Start of Exercise data

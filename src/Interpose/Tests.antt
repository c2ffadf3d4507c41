-- ===== src/Interpose/Tests.antt =====
-- The hook at concrete inputs.
use hemem.Prelude.{◌≡◌, refl, some, arith, ◌>>=◌, if◌then◌else◌, negsuc}
use hemem.Memory.Kernel.{ok}
use hemem.Hemem.Mapping.{hemem_mmap}
use hemem.Interpose.{forward, answered, silent, int_of, mmap_filter, hint_of, hook, sys_mmap}
use hemem.Interpose.Spec.{takes_over, mmap_filter_lem, hook_never_dram}
use hemem.Pebs.Alloc.{pebs_pagefault, pebs_allocate_page}
use hemem.Pebs.Interface.{policy}
use hemem.Pebs.Sample.{machine, state}

mmap_filter_lem_example :
    mmap_filter machine
      (policy machine)
      8388608
      2147483648
      3
      0x22
      (negsuc 0)
      0
      (hint_of 0 0 0)
      state
    ≡ (if takes_over machine (policy machine) 2147483648 3 0x22 (negsuc 0) state
        then hemem_mmap machine (policy machine) 8388608 2147483648 3 0x22 0 state
          >>= (λ (p, s). some (answered (ok p), s))
        else some (forward, state))
mmap_filter_lem_example =
    mmap_filter_lem machine (policy machine) 8388608 2147483648 3 0x22 0 (negsuc 0) (hint_of 0 0 0)
      state refl

hook_never_dram_example :
    let s' = record state { hint = hint_of 0 1 1 } in
    (hook machine (policy machine) sys_mmap 0 4096 0 0 18446744073709551196 0 0 1 1 state
      ≡ some (silent, s'))
    × (pebs_pagefault machine s' ≡ pebs_allocate_page s')
unfolding int_of
hook_never_dram_example =
    hook_never_dram machine (policy machine) 0 4096 0 0 18446744073709551196 0 0 1 1 state refl
      (omega arith)
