-- ===== src/Lru.antt =====
-- src/policies/lru.c: the policy that places pages by the accessed and dirty bits of their page
-- table entries (the build with ALLOC_LRU).
pub mod Lists
pub mod Scan
pub mod Route
pub mod Partition
pub mod Sorted
pub mod Shift
pub mod Steps
pub mod Kscand
pub mod Journey
pub mod Policy
pub mod Invariant
pub mod Give
pub mod Interface
mod Tests
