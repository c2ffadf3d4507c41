-- ===== src/Lru/Lists.antt =====
-- src/policies/lru.c: the eight lists, named by their addresses.
use hemem.Prelude.{ℕ, Bool, ltb, ◌==◌, ◌||◌, if◌then◌else◌}

abbrev pub active_list : ℕ
active_list = 0

abbrev pub inactive_list : ℕ
inactive_list = 1

abbrev pub written_list : ℕ
written_list = 2

abbrev pub lru_dram_free_list : ℕ
lru_dram_free_list = 3

abbrev pub nvm_active_list : ℕ
nvm_active_list = 4

abbrev pub nvm_inactive_list : ℕ
nvm_inactive_list = 5

abbrev pub nvm_written_list : ℕ
nvm_written_list = 6

abbrev pub lru_nvm_free_list : ℕ
lru_nvm_free_list = 7

-- The free list of a tier, and the list that a page goes on when it is given out.
abbrev pub lru_free_list_of : Bool → ℕ
lru_free_list_of in_dram = if in_dram then lru_dram_free_list else lru_nvm_free_list

abbrev pub first_list_of : Bool → ℕ
first_list_of in_dram = if in_dram then active_list else nvm_active_list

abbrev pub is_lru_dram : ℕ → Bool
is_lru_dram l = ltb l nvm_active_list

abbrev pub is_lru_free : ℕ → Bool
is_lru_free l = (l == lru_dram_free_list) || (l == lru_nvm_free_list)
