-- ===== src/Lru/Scan.antt =====
-- src/policies/lru.c: the scan that sorts pages by the accessed and dirty bits of the page table, and
-- the calls of src/hemem.c that read and clear the bits. A dequeued page is used without a test in
-- `shrink_caches`; a read through NULL is `none`.
use hemem.Prelude.{
  ℕ, zero, suc, ◌-◌, ◌%◌, Bool, true, false, Option, none, some, List, [], ◌∷◌, ◌++◌, length, Ptr,
  ltb, leb, ◌==◌, if◌then◌else◌, assert, ◌>>=◌, ◌>>◌, add64,
}
use hemem.Memory.Page.{hugepage_size, page_size}
use hemem.Memory.Kernel.{uffd_get_flag, uffd_clear_flag, uffd_tlbflush, Env}
use hemem.Memory.State.{State, set_page}
use hemem.Hemem.Migrate.{must}
use hemem.Hemem.Fault.Message.{bit_and}
use hemem.Pebs.Lists.{enqueue, dequeue}
use hemem.Lru.Lists.{
  active_list, inactive_list, written_list, nvm_active_list, nvm_inactive_list, nvm_written_list,
}

-- `MAX_VAS`
abbrev pub max_vas : ℕ
max_vas = 1000000

-- `(bits & HEMEM_ACCESSED_FLAG) == HEMEM_ACCESSED_FLAG`
unfoldable pub accessed : ℕ → Bool
unfolding bit_and
accessed bits = bit_and 64 bits 0x20 == 0x20

unfoldable pub dirty : ℕ → Bool
unfolding bit_and
dirty bits = bit_and 64 bits 0x40 == 0x40

module _ {Table : Type 0} where
  abbrev pub set_written : ℕ → Bool → State Table → State Table
  set_written p b s = set_page s p (record (s.page p) { written = b })

  abbrev pub set_naccesses : ℕ → ℕ → State Table → State Table
  set_naccesses p n s = set_page s p (record (s.page p) { naccesses = n })

  -- `assert(vanum < MAX_VAS); vas[vanum++] = page->va;`
  unfoldable pub note : ℕ → State Table → Option (State Table)
  note p s = do
    assert (ltb (length s.lru.vas) max_vas)
    some (record s { lru = record (s.lru) { vas = s.lru.vas ++ (s.page p).va ∷ [] } })

  -- One page that came off a list; `missing` is what is done for NULL.
  abbrev pub at_page :
      (ℕ → State Table → Option (State Table))
      → (State Table → Option (State Table))
      → Option (State Table)
      → Ptr
      → State Table
      → Option (State Table)
  at_page sort more missing none s = missing
  at_page sort more missing (some p) s = do s ← sort p s; more s

module _ (e : Env) where
  abbrev S : Type 0
  S = State e.table.Table

  unfoldable pub hemem_get_bits : ℕ → S → Option (ℕ × S)
  hemem_get_bits va s = do assert (va % hugepage_size == 0); must e (uffd_get_flag va) s

  unfoldable pub hemem_clear_bits : ℕ → S → Option S
  hemem_clear_bits va s = do
    assert (va % hugepage_size == 0)
    (_, s) ← must e (uffd_clear_flag va) s
    some s

  unfoldable pub hemem_tlb_shootdown : ℕ → S → Option S
  hemem_tlb_shootdown va s = do
    (_, s) ← must e (uffd_tlbflush (va - va % page_size) page_size) s
    some s

  -- The body of the loop of `shrink_caches`.
  unfoldable pub shrink_page : ℕ → ℕ → ℕ → ℕ → S → Option S
  shrink_page active inactive written p s = do
    (bits, s) ← hemem_get_bits (s.page p).va s
    if accessed bits
        then (if dirty bits
            then (do s ← note p (set_written p true s); enqueue written p s)
            else (do s ← note p (set_written p false s); enqueue active p s))
        else enqueue inactive p (set_naccesses p 0 s)

  -- `while (nr_pages > 0 && list->numentries > 0) { page = dequeue_fifo(list); ...`
  abbrev pub while_pages : ℕ → (ℕ → S → Option S) → ℕ → S → Option S
  while_pages list sort zero s = some s
  while_pages list sort (suc nr_pages) s =
      let more = while_pages list sort nr_pages in
      if ltb 0 (s.store.fifo list).numentries
      then (do (o, s) ← dequeue list s; at_page sort more none o s)
      else some s

  unfoldable pub shrink_caches : ℕ → ℕ → ℕ → S → Option S
  shrink_caches active inactive written s =
      while_pages active (shrink_page active inactive written) (s.store.fifo active).numentries s

  -- The bodies of the loops of `expand_caches` and `check_writes`.
  unfoldable pub expand_page : ℕ → ℕ → ℕ → ℕ → S → Option S
  expand_page active inactive written p s = do
    (bits, s) ← hemem_get_bits (s.page p).va s
    if accessed bits
        then (if dirty bits
            then enqueue written p (set_written p true s)
            else (let s = set_written p false s in
                if leb 4 (s.page p).naccesses then enqueue active p (set_naccesses p 0 s) else (do
                  s ← note p (set_naccesses p (add64 (s.page p).naccesses 1) s)
                  enqueue inactive p s)))
        else enqueue inactive p (set_naccesses p 0 s)

  unfoldable pub check_page : ℕ → ℕ → ℕ → ℕ → S → Option S
  check_page active inactive written p s = do
    (bits, s) ← hemem_get_bits (s.page p).va s
    if accessed bits
        then (if dirty bits
            then (do s ← note p (set_written p true s); enqueue written p s)
            else enqueue active p (set_written p false s))
        else enqueue inactive p s

  -- `for (i = 0; i < nr_pages; i++) { page = dequeue_fifo(list); if (page == NULL) break; ...`
  abbrev pub for_pages : ℕ → (ℕ → S → Option S) → ℕ → S → Option S
  for_pages list sort zero s = some s
  for_pages list sort (suc nr_pages) s = do
    (o, s) ← dequeue list s
    at_page sort (for_pages list sort nr_pages) (some s) o s

  unfoldable pub expand_caches : ℕ → ℕ → ℕ → S → Option S
  expand_caches active inactive written s =
      for_pages inactive (expand_page active inactive written) (s.store.fifo inactive).numentries s

  unfoldable pub check_writes : ℕ → ℕ → ℕ → S → Option S
  check_writes active inactive written s =
      for_pages written (check_page active inactive written) (s.store.fifo written).numentries s

  unfoldable pub clear_all : List ℕ → S → Option S
  clear_all [] s = some s
  clear_all (va ∷ vas) s = do s ← hemem_clear_bits va s; clear_all vas s

  -- The body of the loop of `lru_kscand`.
  unfoldable pub kscand_iteration : S → Option S
  kscand_iteration s = do
    let s = record s { lru = record (s.lru) { in_kscand = true; vas = [] } }
    s ← check_writes active_list inactive_list written_list s
    s ← check_writes nvm_active_list nvm_inactive_list nvm_written_list s
    s ← shrink_caches active_list inactive_list written_list s
    s ← shrink_caches nvm_active_list nvm_inactive_list nvm_written_list s
    s ← expand_caches active_list inactive_list written_list s
    s ← expand_caches nvm_active_list nvm_inactive_list nvm_written_list s
    s ← clear_all s.lru.vas s
    s ← hemem_tlb_shootdown 0 s
    some (record s { lru = record (s.lru) { in_kscand = false } })
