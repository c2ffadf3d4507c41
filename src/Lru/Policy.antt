-- ===== src/Lru/Policy.antt =====
-- src/policies/lru.c: giving out pages and taking them back, and the thread that moves written and
-- active pages to DRAM (the build without LRU_SWAP).
use hemem.Prelude.{
  ℕ, zero, suc, Bool, true, false, not, Option, none, some, Ptr, ltb, if◌then◌else◌, assert, ◌>>=◌,
  ◌>>◌, add64,
}
use hemem.Memory.Page.{pt_to_pagesize}
use hemem.Memory.Kernel.{Env}
use hemem.Memory.State.{State, set_page}
use hemem.Hemem.Migrate.{hemem_wp_page, hemem_migrate_up, hemem_migrate_down}
use hemem.Pebs.Lists.{list_of, enqueue, dequeue, remove}
use hemem.Pebs.Migrate.{set_migrating}
use hemem.Pebs.Alloc.{set_present}
use hemem.Lru.Scan.{hemem_tlb_shootdown}
use hemem.Lru.Lists.{
  active_list, inactive_list, lru_dram_free_list, nvm_active_list, nvm_inactive_list,
  nvm_written_list, lru_nvm_free_list, lru_free_list_of,
}

-- KSWAPD_MIGRATE_RATE, 50 GiB
abbrev pub kswapd_migrate_rate : ℕ
kswapd_migrate_rate = 53687091200

module _ {Table : Type 0} where
  -- The fallback to NVM; `none` for "Out of memory".
  abbrev pub lru_allocate_nvm : Ptr → State Table → Option (ℕ × State Table)
  lru_allocate_nvm none s = none
  lru_allocate_nvm (some p) s = do
    assert (not (s.page p).in_dram)
    assert (not (s.page p).present)
    s ← enqueue nvm_active_list p (set_present p s)
    some (p, s)

  abbrev pub lru_allocate_dram : Ptr → State Table → Option (ℕ × State Table)
  lru_allocate_dram none s = do (o, s) ← dequeue lru_nvm_free_list s; lru_allocate_nvm o s
  lru_allocate_dram (some p) s = do
    assert (s.page p).in_dram
    assert (not (s.page p).present)
    s ← enqueue active_list p (set_present p s)
    some (p, s)

  unfoldable pub lru_allocate_page : State Table → Option (ℕ × State Table)
  lru_allocate_page s = do (o, s) ← dequeue lru_dram_free_list s; lru_allocate_dram o s

  abbrev pub clear_present : ℕ → State Table → State Table
  clear_present p s = set_page s p (record (s.page p) { present = false })

  -- `assert(list != NULL)` and what follows it.
  abbrev pub take_back : Ptr → ℕ → State Table → Option (State Table)
  take_back none p s = none
  take_back (some list) p s = do
    s ← remove list p s
    let s = clear_present p s
    enqueue (lru_free_list_of (s.page p).in_dram) p s

  -- The function waits while `in_kscand` is set, so it is a step only of a state where it is not.
  unfoldable pub lru_remove_page : ℕ → State Table → Option (State Table)
  lru_remove_page p s = do assert (not s.lru.in_kscand); take_back (list_of s p) p s

  -- The free page `np` takes over the frame that the migrated page left.
  abbrev pub lru_take_frame : ℕ → ℕ → Bool → State Table → State Table
  lru_take_frame np old_offset in_dram s =
      set_page s np
        (record (s.page np) { devdax_offset = old_offset; in_dram = in_dram; present = false })

-- How the tries for one page end: the page moved up, with its bytes, or `goto out`.
pub data Turn (Table : Type 0) : Type 0 where
  moved : ℕ → State Table → Turn Table
  full : State Table → Turn Table

module _ (e : Env) where
  abbrev S : Type 0
  S = State e.table.Table

  -- With ALLOC_LRU a migration of src/hemem.c ends with a flush of the page's translations.
  unfoldable pub lru_migrate_down : ℕ → ℕ → S → Option S
  lru_migrate_down p offset s = do
    s ← hemem_wp_page e p true (set_migrating p true s)
    s ← hemem_migrate_down e p offset s
    s ← hemem_tlb_shootdown e (s.page p).va s
    some (set_migrating p false s)

  unfoldable pub lru_migrate_up : ℕ → ℕ → S → Option S
  lru_migrate_up p offset s = do
    s ← hemem_wp_page e p true (set_migrating p true s)
    s ← hemem_migrate_up e p offset s
    s ← hemem_tlb_shootdown e (s.page p).va s
    some (set_migrating p false s)

  -- Page `p` goes up to the frame of the free page `np`.
  unfoldable pub swap_up : ℕ → ℕ → S → Option S
  unfolding lru_migrate_up
  swap_up p np s = do
    assert (not (s.page np).present)
    let old_offset = (s.page p).devdax_offset
    s ← lru_migrate_up p (s.page np).devdax_offset s
    let s = lru_take_frame np old_offset false s
    s ← enqueue active_list p s
    enqueue lru_nvm_free_list np s

  -- Page `cp` goes down to the frame of the free page `np`.
  unfoldable pub swap_down : ℕ → ℕ → S → Option S
  unfolding lru_migrate_down
  swap_down cp np s = do
    assert (not (s.page np).present)
    let old_offset = (s.page cp).devdax_offset
    s ← lru_migrate_down cp (s.page np).devdax_offset s
    let s = lru_take_frame np old_offset true s
    s ← enqueue nvm_inactive_list cp s
    enqueue lru_dram_free_list np s

  -- An inactive DRAM page goes down, then the next try follows; `assert(np != NULL)`.
  abbrev pub swap_out :
      (S → Option (Turn e.table.Table)) → ℕ → Ptr → S → Option (Turn e.table.Table)
  swap_out retry cp none s = none
  swap_out retry cp (some np) s = do s ← swap_down cp np s; retry s

  -- Without an inactive DRAM page, the page goes back to the list that it came from.
  abbrev pub find_room :
      (S → Option (Turn e.table.Table)) → ℕ → Bool → Ptr → S → Option (Turn e.table.Table)
  find_room retry p from_written_list none s = do
    s ← enqueue (if from_written_list then nvm_written_list else nvm_active_list) p s
    some (full s)
  find_room retry p from_written_list (some cp) s = do
    (np, s) ← dequeue lru_nvm_free_list s
    swap_out retry cp np s

  abbrev pub fill_frame :
      (S → Option (Turn e.table.Table)) → ℕ → Bool → Ptr → S → Option (Turn e.table.Table)
  fill_frame retry p from_written_list none s = do
    (cp, s) ← dequeue inactive_list s
    find_room retry p from_written_list cp s
  fill_frame retry p from_written_list (some np) s = do
    s ← swap_up p np s
    some (moved (pt_to_pagesize (s.page p).pt) s)

  -- `for (tries = 0; tries < 2; tries++)`: if the tries run out, nothing is added to the bytes.
  unfoldable pub swap_tries : ℕ → ℕ → Bool → S → Option (Turn e.table.Table)
  swap_tries zero p from_written_list s = some (moved 0 s)
  swap_tries (suc tries) p from_written_list s = do
    (np, s) ← dequeue lru_dram_free_list s
    fill_frame (swap_tries tries p from_written_list) p from_written_list np s

  -- The page of the next turn, and whether it is a written one.
  abbrev pub or_active : Ptr → S → Option (Ptr × Bool × S)
  or_active none s = do (p, s) ← dequeue nvm_active_list s; some (p, false, s)
  or_active (some p) s = some (some p, true, s)

  unfoldable pub next_written : S → Option (Ptr × Bool × S)
  next_written s = do (p, s) ← dequeue nvm_written_list s; or_active p s

  abbrev pub after_turn : (ℕ → S → Option S) → ℕ → Turn e.table.Table → Option S
  after_turn more bytes (moved n s) = more (add64 bytes n) s
  after_turn more bytes (full s) = some s

  abbrev pub kswapd_turn : (ℕ → S → Option S) → ℕ → Ptr → Bool → S → Option S
  kswapd_turn more bytes none from_written_list s = some s
  kswapd_turn more bytes (some p) from_written_list s = do
    r ← swap_tries 2 p from_written_list s
    after_turn more bytes r

  -- The loop on `migrated_bytes`, on fuel.
  unfoldable pub kswapd_loop : ℕ → ℕ → S → Option S
  unfolding swap_tries next_written
  kswapd_loop zero bytes s = if ltb bytes kswapd_migrate_rate then none else some s
  kswapd_loop (suc fuel) bytes s = elim (ltb bytes kswapd_migrate_rate) [
    | false ↦ some s
    | true ↦ do (p, w, s) ← next_written s; kswapd_turn (kswapd_loop fuel) bytes p w s
  ]

  -- The body of the loop of `lru_kswapd`.
  unfoldable pub kswapd_iteration : ℕ → S → Option S
  kswapd_iteration fuel s = do
    s ← kswapd_loop fuel 0 s
    some (record s { lru = record (s.lru) { lru_runs = add64 s.lru.lru_runs 1 } })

End of Exercise data

**What to work on:** In the records above, find the lines containing "filename" and copy them.

**Written response:**
filename src/Interpose/Tests.antt
filename src/Lru/Policy.antt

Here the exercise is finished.